Johnson’s homage to the writer’s public role stands symbolically against the rewards of a vineyard and a private library in the rural Dordogne. “Commit yourself again to the current of the world” is Imlac’s consolatory wisdom in Rasselas (Works xvi, p. 127). As his work as a diplomatic intermediary will testify, Montaigne’s own appetite for public life was never completely exhausted. But when Montaigne reflects on the miseries wrought by contending ideologies, and remembers the bigotry of France’s barbarous religious wars, his skeptical inclination is to stand aside. “Je m’abstien” (“I abstain”) is his motto.
When Johnson is issuing his general caution against solitary retreat from the world in Adventurer 126 he exempts the “great names” and in so doing accommodates the rationale for Montaigne’s exit from his turbulent earlier career as Mayor of Bordeaux. Ordinary individuals are disappointed, writes Johnson, “from want of considering” “that those whom they aspire to imitate carried with them to their country seats minds full fraught with subjects of reflection, the consciousness of great merit, the memory of illustrious actions, the knowledge of important events, and the seeds of mighty designs to be ripened by future meditation” (Works ii, p. 473). Johnson never published an autobiography, and to Boswell’s regret he burned the pages of his diary. Montaigne, who enjoyed no Boswell equivalent, writes about, and out of, the self. That he might speak representatively for humanity, he makes himself the subject of the Essais. Johnson writes more consciously in a context of professional authorship, under the stimulus of other critics and rivals, and with the constraints of a reading public. He is less at ease with his person and situation than Montaigne. His susceptibility to guilt and anxiety, his propensity to remorse and his social appetite contrast with Montaigne’s self-forgiveness, self-acceptance and self-sufficiency. If there is in both writers an instinct to look inward to find what is out there, for Montaigne, the resultant writing seems performed with “scant … presumption of exposure to criticism” (to adapt a remark of Henry James on the first-person narrative). For Johnson, more painfully, the process approximates to what James calls “the terrible fluidity of self-revelation.”Footnote 27
Hamlet’s evasion of finalist answers recalls the skepticism of Montaigne. On the inconstancy of the self, Montaigne foreshadows Hume, who writes that mankind is “nothing but a bundle or collection of different perceptions, which … are in a perpetual flux.”Footnote 28 But Montaigne also anticipates Imlac’s attempt to console the broken-hearted travellers when he reminds them that “our minds, like our bodies are in continual flux” (Works xvi, p. 127). Johnson could observe his own “disturbances of the mind very near to madness” (Works i, p. 264); Montaigne figures the indecision of Shakespeare’s Hamlet, and he resists the Last Word that Rasselas also withholds: the work ends with “A Conclusion in which Nothing is Concluded.” To a greater extent than Hume, Johnson and Montaigne could reach audiences beyond those of philosophy.
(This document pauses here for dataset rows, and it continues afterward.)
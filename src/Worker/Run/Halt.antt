-- ===== src/Worker/Run/Halt.antt =====
-- A cancelled run ends (worker.rs): how many steps its tasks have left.
use correctness_bench.Common.{
  ℕ, zero, suc, ◌+◌, ◌*◌, ◌≤◌, ◌≡◌, refl, Bool, true, false, not, ◌&&◌, ◌⊎◌, inl, inr, Bool-cases,
  if◌then◌else◌, some, none, Option, List, [], ◌∷◌, arith, length, get_elem?, set, if_cases,
}
use correctness_bench.Float.{Float}
use correctness_bench.Hist.Library.{Hdr}
use correctness_bench.Worker.Connection.{Config, Turn}
use correctness_bench.Worker.Turn.{checked}
use correctness_bench.Worker.Turn.Aborts.{checked_abort}
use correctness_bench.Worker.Run.Cancel.{one_if}
use correctness_bench.Worker.Run.{
  Task, World, Happening, enters, turns, cancelled, is_over, goes_on, enter, take_turn, happen,
  happen_all,
}

module _ {F : Type 0} where
  -- How many steps a task has left once the flag is up: the end of its turn, and the next abort check.
  abbrev steps_left : Task F → ℕ
  steps_left task = if task.running then if task.under_way then 2 else 1 else 0

  abbrev pub rank : List (Task F) → ℕ
  rank [] = 0
  rank (task ∷ tasks) = steps_left task + rank tasks

  rank-set :
      (tasks : List (Task F)) (id : ℕ) (old new : Task F)
      → get_elem? tasks id ≡ some old
      → rank (set tasks id new) + steps_left old ≡ rank tasks + steps_left new
  rank-set [] id old new e = ground arith
  rank-set (t ∷ tasks) zero old new e = ground arith
  rank-set (t ∷ tasks) (suc id) old new e = omega (arith, rank-set tasks id old new e)

  abbrev can_enter : Task F → Bool
  can_enter task = task.running && not task.under_way

  rank_bound : (tasks : List (Task F)) → rank tasks ≤ 2 * length tasks
  rank_bound [] = omega arith
  rank_bound (t ∷ tasks) = ground (arith, rank_bound tasks)

module _ {F H : Type 0} ⦃f : Float F⦄ ⦃h : Hdr H⦄ where
  abbrev can_end : Config F → Turn → World F H → Task F → Bool
  can_end cfg t w task =
      let (_, _, flow) = checked cfg t w.shared task.conn in
      task.running && task.under_way && is_over flow

  -- A task takes a step: the abort check at the top of its loop, or the end of the turn that it is in.
  abbrev pub acts : Config F → World F H → Happening → Bool
  acts cfg w (enters id) = elim (get_elem? w.tasks id) [ none ↦ false | some task ↦ can_enter task ]
  acts cfg w (turns id t) = elim (get_elem? w.tasks id) [
    | none ↦ false
    | some task ↦ can_end cfg t w task
  ]
  acts cfg w cancelled = false

  -- how many steps the tasks take in a history
  abbrev pub steps_taken : Config F → World F H → List Happening → ℕ
  steps_taken cfg w [] = 0
  steps_taken cfg w (e ∷ es) = one_if (acts cfg w e) + steps_taken cfg (happen cfg w e) es

  -- The flag is up in `w'`. A step took one from what was left in `w`, and nothing else did anything.
  record Spends (stepped : Bool) (w w' : World F H) : Type 0 where
    pub up : w'.shared.counters.abort ≡ true
    pub spent : one_if stepped + rank w'.tasks ≤ rank w.tasks
    pub idle : (stepped ≡ true) ⊎ (w' ≡ w)

  nothing : (w : World F H) → w.shared.counters.abort ≡ true → Spends false w w
  nothing w up = record { up = up; spent = omega arith; idle = inr refl }

  enter-Spends :
      (id : ℕ) (task : Task F) (w : World F H)
      → w.shared.counters.abort ≡ true
      → get_elem? w.tasks id ≡ some task
      → Spends (can_enter task) w (enter id task w)
  unfolding enter
  enter-Spends id task w up e = go (can_enter task) refl
    where
      checks : Bool → Task F
      checks aborted =
          if aborted then record task { running = false } else record task { under_way = true }

      go :
          (can : Bool)
          → can_enter task ≡ can
          → Spends can w (
              if can
              then record w { tasks = set w.tasks id (checks w.shared.counters.abort) }
              else w)
      go false cannot = nothing w up
      go true can =
          if_cases (λ new. Spends true w (record w { tasks = set w.tasks id new }))
            w.shared.counters.abort _ _
            (λ _. record {
              up = up;
              spent =
                  ground (arith, can, rank-set w.tasks id task (record task { running = false }) e);
              idle = inl refl;
            })
            (λ down. absurd (ground (arith, up, down)))

  take_turn-Spends :
      (cfg : Config F) (t : Turn) (id : ℕ) (task : Task F) (w : World F H)
      → w.shared.counters.abort ≡ true
      → get_elem? w.tasks id ≡ some task
      → Spends (can_end cfg t w task) w (take_turn cfg t id task w)
  unfolding take_turn
  take_turn-Spends cfg t id task w up e =
      let (sh, conn, flow) = checked cfg t w.shared task.conn in
      let done : Task F = record { conn = conn; running = goes_on flow; under_way = false } in
      elim (Bool-cases (can_end cfg t w task)) [
        | inl can ↦ rw can (record {
          up = checked_abort cfg t w.shared task.conn up;
          spent = ground (arith, can, rank-set w.tasks id task done e);
          idle = inl refl;
        })
        | inr cannot ↦ rw cannot (nothing w up)
      ]

  happen-Spends :
      (cfg : Config F) (w : World F H) (e : Happening)
      → w.shared.counters.abort ≡ true
      → Spends (acts cfg w e) w (happen cfg w e)
  unfolding happen
  happen-Spends cfg w (enters id) up = go (get_elem? w.tasks id) refl
    where
      go :
          (found : Option (Task F))
          → get_elem? w.tasks id ≡ found
          → Spends
              (elim found [ none ↦ false | some task ↦ can_enter task ])
              w
              (elim found [ none ↦ w | some task ↦ enter id task w ])
      go none e = nothing w up
      go (some task) e = enter-Spends id task w up e
  happen-Spends cfg w (turns id t) up = go (get_elem? w.tasks id) refl
    where
      go :
          (found : Option (Task F))
          → get_elem? w.tasks id ≡ found
          → Spends
              (elim found [ none ↦ false | some task ↦ can_end cfg t w task ])
              w
              (elim found [ none ↦ w | some task ↦ take_turn cfg t id task w ])
      go none e = nothing w up
      go (some task) e = take_turn-Spends cfg t id task w up e
  happen-Spends cfg w cancelled up = record {
    up = refl;
    spent = omega arith;
    idle = inr (ground (arith, up));
  }

  happen_all-Spends :
      (cfg : Config F) (w : World F H) (es : List Happening)
      → w.shared.counters.abort ≡ true
      → ((happen_all cfg w es).shared.counters.abort ≡ true)
        × (steps_taken cfg w es + rank (happen_all cfg w es).tasks ≤ rank w.tasks)
  unfolding happen_all
  happen_all-Spends cfg w [] up = (up, omega arith)
  happen_all-Spends cfg w (e ∷ es) up =
      let one = happen-Spends cfg w e up in
      let (still, more) = happen_all-Spends cfg (happen cfg w e) es one.up in
      (still, omega (arith, one.spent, more))

  idle_still : (stepped : Bool) (w w' : World F H) → Spends stepped w w' → stepped ≡ false → w' ≡ w
  idle_still stepped w w' s e = elim s.idle [
    | inl stepped ↦ absurd (ground (arith, e, stepped))
    | inr same ↦ same
  ]

  -- After a cancellation the tasks take at most as many steps as they have left, whatever happens in
  -- whatever order: two for each that is in a turn, one for each other that is running, and so at most
  -- two for each task. What happens and is not such a step changes nothing.
  pub happen_all-rank :
      (cfg : Config F) (w : World F H) (es : List Happening) (next : Happening)
      → acts cfg (happen_all cfg (happen cfg w cancelled) es) next ≡ false
      → let c = happen cfg w cancelled in
        let after = happen_all cfg c es in
        (steps_taken cfg c es + rank after.tasks ≤ rank w.tasks)
        × (rank w.tasks ≤ 2 * length w.tasks)
        × (happen cfg after next ≡ after)
  unfolding happen
  happen_all-rank cfg w es next none_acts =
      let c = happen cfg w cancelled in
      let after = happen_all cfg c es in
      let (up, steps) = happen_all-Spends cfg c es refl in
      (
        steps,
        rank_bound w.tasks,
        idle_still (acts cfg after next) after _ (happen-Spends cfg after next up) none_acts,
      )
In this, and with all their radical differences weighed in the balance, they unite moments in a history of mind suggestive of the historian David Cannadine’s appeal to “the undivided past.”Footnote 29
Montaigne and the Lives
Howard Erskine-Hill has written of the Lives as containing “narratives of history,” surmising that “[their] great feature is the way [Johnson] sets forth the vulnerability of … people in the revolutions and storms of high politics.” “There was rarely safe or stable life during these violent changes,” he suggests, “and many people … put their hopes and lives in jeopardy.”Footnote 30 Greg Clingham, meanwhile, focusing more on the literary and philosophical contexts, has noted how far the Lives is a comic enterprise, dramatizing and transforming a Christian theme “shared by Chaucer’s Canterbury Tales, Montaigne’s essays, and Erasmus’s In Praise of Folly.”Footnote 31 Shakespearean playfulness has analogues in both Johnson and Montaigne, while both famously appreciate the ironies of a life wasted in the miseries of fearing to die. The poets in the Lives, major, middling or minor, Johnson sees in the company of others who are sometimes like them and sometimes not, sometimes living happily on the whole and sometimes miserably. They may be models of (not particularly attractive) self-control, like Addison; eccentric like Jonathan Swift, or reckless, destructive of others and self-destructive, like Richard Savage; sometimes hugely productive, like Dryden, or famous for their exquisite one-off achievements, like Pomfret; they may be private and retiring like Cowley or assiduous managers of their own celebrity like Pope. As Freya Johnston has shown, small things, down to the minute incidentals in the life of a minor poet, cohere with, and help constitute, Johnson’s “grandeur of generality” (“Life of Cowley,” in Lives, vol. i, p. 220).Footnote 32
The deaths of the poets are part of their lives, regardless of how variously those lives are lived and however suddenly, slowly, predictably or unpredictably death sweeps them away. Montaigne’s “That to Study Philosophy Is to Learn How to Die” (here quoted again from the 1711 fourth edition of Cotton’s 1685 translation) teaches a similar truth. Montaigne lists the miscellaneous causes by which individuals have encountered their ends:
To omit fevers and Pleurisies, who would ever have imagin’d, that a Duke of Brittany should be press’d to Death in a Crowd, as that Duke was, at the Entry of Pope Clement into Lyons? Have we not seen one of our kings kill’d at a Tilting; and did not one of his Ancestors die by the justle of a Hog? Aeschylus, being threatened with the Fall of a House, was to much Purpose so circumspect to avoid that Danger, when he was knock’d o’th’ Head by a Tortoise-shell falling out of an Eagle’s Talons in the Fields. Another was choak’d with a Grape-stone.Footnote 33
– and so on, to almost comic effect.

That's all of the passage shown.